Cloud LB (AWS/GCP/Azure)
- Use Network-level LB in front, pass to NGINX when needing L7 features.
- Enable sticky sessions ONLY when stateful affinity is mandatory; prefer stateless.
- Configure TLS termination at LB; enforce TLS1.2+, disable weak ciphers (RC4,3DES).
Redis (distributed cache & rate limiter)
- Use Redis Cluster with at least 3 masters; enable client-side hashing to avoid single slot hotspot.
- All cached items carry namespace prefix (e.g., "mcp:auth:session:<uuid>").
- Set timeouts: DialTimeout=500ms, ReadTimeout=200ms, WriteTimeout=200ms.
Observability (Prometheus & Grafana)
- Expose /metrics; include: process_cpu_seconds_total, go_goroutines, http_requests_total{code,route,method}, redis_latency_ms.
- Define SLO: 99.9% of requests < 250ms; Grafana alert after 3 consecutive 5-min windows breaching SLO.
- Log format: JSON with RFC3339 timestamp, severity, component, msg, fields.
Testing
- Unit tests ≥ 90% pkg/ coverage; run go test -race in CI.
- Integration tests spin up ephemeral Redis & NGINX via docker-compose.
- Chaos tests: inject 500ms latency and 50% packet loss between LB and MCP; assert circuit breaker trips.
- Load test: k6 script, target 2× expected peak RPS for 1h; success criteria <1% error, P99 latency <2× baseline.
Performance & Scaling
- Prefer bulkheads: separate pools for slow and fast endpoints (e.g., /export large files vs /api quick calls).
- Tune GOMAXPROCS to CPU cores; use runtime/pprof to profile hotspots before scaling wider.
- Cache idempotent GETs with 7200s TTL at NGINX; add Cache-Control: public,max-age=7200 header.
Security Hardening
- Mutual TLS between LB and MCP when traffic crosses VPC boundaries.

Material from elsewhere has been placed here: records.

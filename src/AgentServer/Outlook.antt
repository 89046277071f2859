-- ===== src/AgentServer/Outlook.antt =====
-- crates/tb-daemon/src/agentserver.rs: `outlook`, where today went and what the week holds.
use time_bandits.Base.{
  ℕ, zero, suc, ◌-◌, ◌&&◌, not, Option, none, List, [], ◌∷◌, map, all, sum, is_some, filter_map,
  map_option, unwrap_or, if◌then◌else◌,
}
use time_bandits.Jiff.{Jiff, Timestamp}
use time_bandits.Duration.{DurationSpec, as_secs}
use time_bandits.AppId.{AppId}
use time_bandits.Schedule.{Day, all_days, day_text, get, PolicyDay, day_of, policy_day_end}
use time_bandits.Policy.{Policy, limit}
use time_bandits.Usage.Totals.{totals_by_app}
use time_bandits.Engine.{week_start, zone_of, policy_day_of}
use time_bandits.Store.Tables.{Tables, usage_between}
use time_bandits.Store.Queries.{segments_between}
use time_bandits.AgentServer.Messages.{AppUsage, DayOutlook, BudgetKind, daily, weekly}

-- Every day is open and the week is limited, or something else.
unfoldable pub budget_kind_of : Policy → BudgetKind
budget_kind_of policy =
    if all (λ (d : Day). not (is_some (limit (get policy.daily_quota d)))) all_days
      && is_some (limit policy.weekly_quota)
    then weekly
    else daily

abbrev pub app_usage : AppId × DurationSpec → AppUsage
app_usage (id, d) = record { id = id; name = id; secs = as_secs d }

-- `Iterator::take`.
unfoldable pub take_apps : ℕ → List AppUsage → List AppUsage
take_apps zero xs = []
take_apps (suc n) [] = []
take_apps (suc n) (x ∷ xs) = x ∷ take_apps n xs

abbrev pub allowance_of : BudgetKind → Policy → Day → Option ℕ
allowance_of weekly policy day = none
allowance_of daily policy day = map_option as_secs (limit (get policy.daily_quota day))

module _ (j : Jiff) where
  -- The start of a policy day, as the end less one calendar day.
  abbrev pub day_bounds : Policy → PolicyDay j → Timestamp × Timestamp
  day_bounds policy pd =
      let end = policy_day_end j pd policy.day_start (zone_of j policy) in
      (unwrap_or (j.zoned_sub_days (zone_of j policy) end 1) end, end)

  unfoldable pub apps_today : Tables → Policy → Timestamp → List AppUsage
  unfolding take_apps
  apps_today tables policy now =
      let (start, end) = day_bounds policy (policy_day_of j policy now) in
      take_apps 6 (map app_usage (totals_by_app (segments_between tables policy.subject start now)))

  -- One day of the week; nothing where the calendar has no such date.
  unfoldable pub day_outlook : Tables → Policy → Timestamp → ℕ → Option DayOutlook
  unfolding budget_kind_of week_start
  day_outlook tables policy now offset =
      let today = policy_day_of j policy now in
      map_option
        (λ date.
          let pd = day_of j date in
          let (start, end) = day_bounds policy pd in
          record {
            weekday = day_text pd.day;
            allowance_secs = allowance_of (budget_kind_of policy) policy pd.day;
            used_secs = as_secs (usage_between tables policy.subject start end);
            today = j.date_eq date today.date;
            future = j.date_lt today.date date;
          })
        (j.date_add (week_start j today) offset)

  unfoldable pub week_outlook : Tables → Policy → Timestamp → List DayOutlook
  unfolding day_outlook
  week_outlook tables policy now =
      filter_map (day_outlook tables policy now) (0 ∷ 1 ∷ 2 ∷ 3 ∷ 4 ∷ 5 ∷ 6 ∷ [])

  unfoldable pub weekly_remaining : Policy → List DayOutlook → Option ℕ
  weekly_remaining policy week =
      map_option (λ l. as_secs l - sum (map (λ (d : DayOutlook). d.used_secs) week))
        (limit policy.weekly_quota)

- Enable Content-Security-Policy, X-Frame-Options DENY in responses.
- Run gosec and trivy scans on every commit; block merge on critical findings.

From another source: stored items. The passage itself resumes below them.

-- ===== src/AgentServer/Receiver.antt =====
-- crates/tb-daemon/src/agentserver.rs: `Receiver`. Its store is the tables, the policies that load,
-- and whether the lock is held and the database answers; `deny_facts` is that of the PAM server.
use time_bandits.Base.{
  Bool, true, false, ◌&&◌, not, Option, none, some, map, Text, ltb, leb, if◌then◌else◌, map_option,
}
use time_bandits.Jiff.{Jiff, Timestamp}
use time_bandits.Duration.{DurationSpec, as_secs, from_mins}
use time_bandits.Policy.{Policy, sorted_warnings}
use time_bandits.Engine.{UsageSnapshot, allowed, denied, evaluate, zone_of}
use time_bandits.Agent.{Report, AgentReports, record_report, report_age}
use time_bandits.Ticker.State.{more_time_requested}
use time_bandits.Store.Tables.{Tables, snapshot, record_event_at}
use time_bandits.Store.Queries.{last_event_at}
use time_bandits.Pam.Server.{Days, deny_facts}
use time_bandits.Pam.Texts.{deny_text, english}
use time_bandits.AgentServer.Messages.{State, unmanaged, sanitized, agent_version}
use time_bandits.AgentServer.Outlook.{budget_kind_of, apps_today, week_outlook, weekly_remaining}

-- What the receiver works on: the reports, and the store.
pub record Shared : Type 0 where
  pub reports : AgentReports
  pub tables : Tables
  pub policies : Text → Option (Option Policy)
  pub lock_held : Bool
  pub readable : Bool
  pub writable : Bool

-- `QUIET_PERIOD`.
abbrev pub quiet_period : DurationSpec
quiet_period = from_mins 10

-- Whether a request was made within the quiet period; a query that fails counts as no request.
unfoldable pub is_quiet : Shared → Text → Timestamp → Bool
unfolding last_event_at report_age
is_quiet shared subject now =
    if shared.readable
    then elim (last_event_at shared.tables subject more_time_requested) [
      | none ↦ false
      | some last ↦ ltb (report_age last now) (as_secs quiet_period)
    ]
    else false

-- `record_request`; the number of minutes stands only in the text of the event.
unfoldable pub record_request : Shared → Text → Timestamp → Shared
unfolding is_quiet record_event_at
record_request shared subject now =
    if not shared.lock_held
    then shared
    else if is_quiet shared subject now
    then shared
    else if shared.writable
    then record shared { tables = record_event_at shared.tables subject more_time_requested now }
    else shared

abbrev pub clean_report : Report → Report
clean_report report = record report { focus = map_option sanitized report.focus }

module _ (j : Jiff) (date_text : j.Date → Text) (since : j.Date → j.Date → Option Days)
    (local : j.TimeZone) where
  -- The part of `state_for` that follows from the verdict.
  unfoldable pub with_verdict : Policy → UsageSnapshot → Timestamp → State → State
  with_verdict policy usage now state = elim (evaluate j policy usage now) [
    | allowed a ↦ record state { remaining_secs = map_option as_secs a.remaining }
    | denied d ↦
        let (reason, retry) = deny_facts j since local d (zone_of j policy) now in
        record state {
          blocked = true;
          remaining_secs = some 0;
          message = some (deny_text reason retry english);
          reason = some reason;
          retry = retry;
        }
  ]

  -- The part of `state_for` before the verdict.
  abbrev pub state_before : Tables → Text → Policy → UsageSnapshot → Timestamp → State
  state_before tables subject policy usage now =
      let week = week_outlook j tables policy now in
      record (unmanaged subject) {
        enforcement = policy.enforcement;
        record_titles = policy.record_window_titles;
        used_today_secs = as_secs usage.used_today;
        warn_at_secs = map as_secs (sorted_warnings policy);
        apps = apps_today j tables policy now;
        week = week;
        budget_kind = budget_kind_of policy;
        weekly_remaining_secs = weekly_remaining j policy week;
      }

  -- `state_for` with the policy and the snapshot.
  unfoldable pub managed_state : Tables → Text → Policy → Timestamp → State
  unfolding with_verdict
  managed_state tables subject policy now = elim (snapshot j date_text tables policy now) [
    | none ↦ unmanaged subject
    | some (usage, day) ↦
        with_verdict policy usage now (state_before tables subject policy usage now)
  ]

  unfoldable pub state_for : Shared → Text → Timestamp → State
  unfolding managed_state
  state_for shared subject now =
      if not shared.lock_held then unmanaged subject else elim (shared.policies subject) [
        | none ↦ unmanaged subject
        | some none ↦ unmanaged subject
        | some (some policy) ↦
            if not shared.readable
            then unmanaged subject
            else managed_state shared.tables subject policy now
      ]

  unfoldable pub accept : Shared → Text → Report → Timestamp → State × Shared
  unfolding record_request record_report state_for
  accept shared subject report now =
      let asked = elim report.request_minutes as (λ _. Shared) [
        | none ↦ shared
        | some _ ↦ record_request shared subject now
      ] in
      let heard = record asked {
        reports = record_report asked.reports subject (clean_report report) now;
      } in
      (state_for heard subject now, heard)

  -- `handle` after the peer is known: a report that cannot be read, or is of another version, only
  -- asks for the state.
  unfoldable pub handle : Shared → Text → Option Report → Timestamp → State × Shared
  unfolding accept
  handle shared subject none now = (state_for shared subject now, shared)
  handle shared subject (some report) now =
      if leb report.v agent_version && leb agent_version report.v
      then accept shared subject report now
      else (state_for shared subject now, shared)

- Rotate secrets using Kubernetes Secrets + external secret manager (AWS Secrets Manager, GCP Secret Manager).
Directory & File Naming
- Directories lowercase with dashes: mcp-server, rate-limiter, kube-deploy.
- Config files: environment suffix, e.g., nginx.prod.conf, hpa-dev.yaml.
Example File Structure
mcp-server/
cmd/
server/
main.go
internal/
auth/
handler/
rateLimiter/
api/
openapi.yaml
configs/
nginx.prod.conf
hpa.yaml
deployments/
k8s/
deployment.yaml
service.yaml
test/
integration/
Dockerfile
Makefile
README.md
Follow these rules to deliver a secure, observable, and elastically-scalable MCP backend capable of handling high throughput with minimal latency.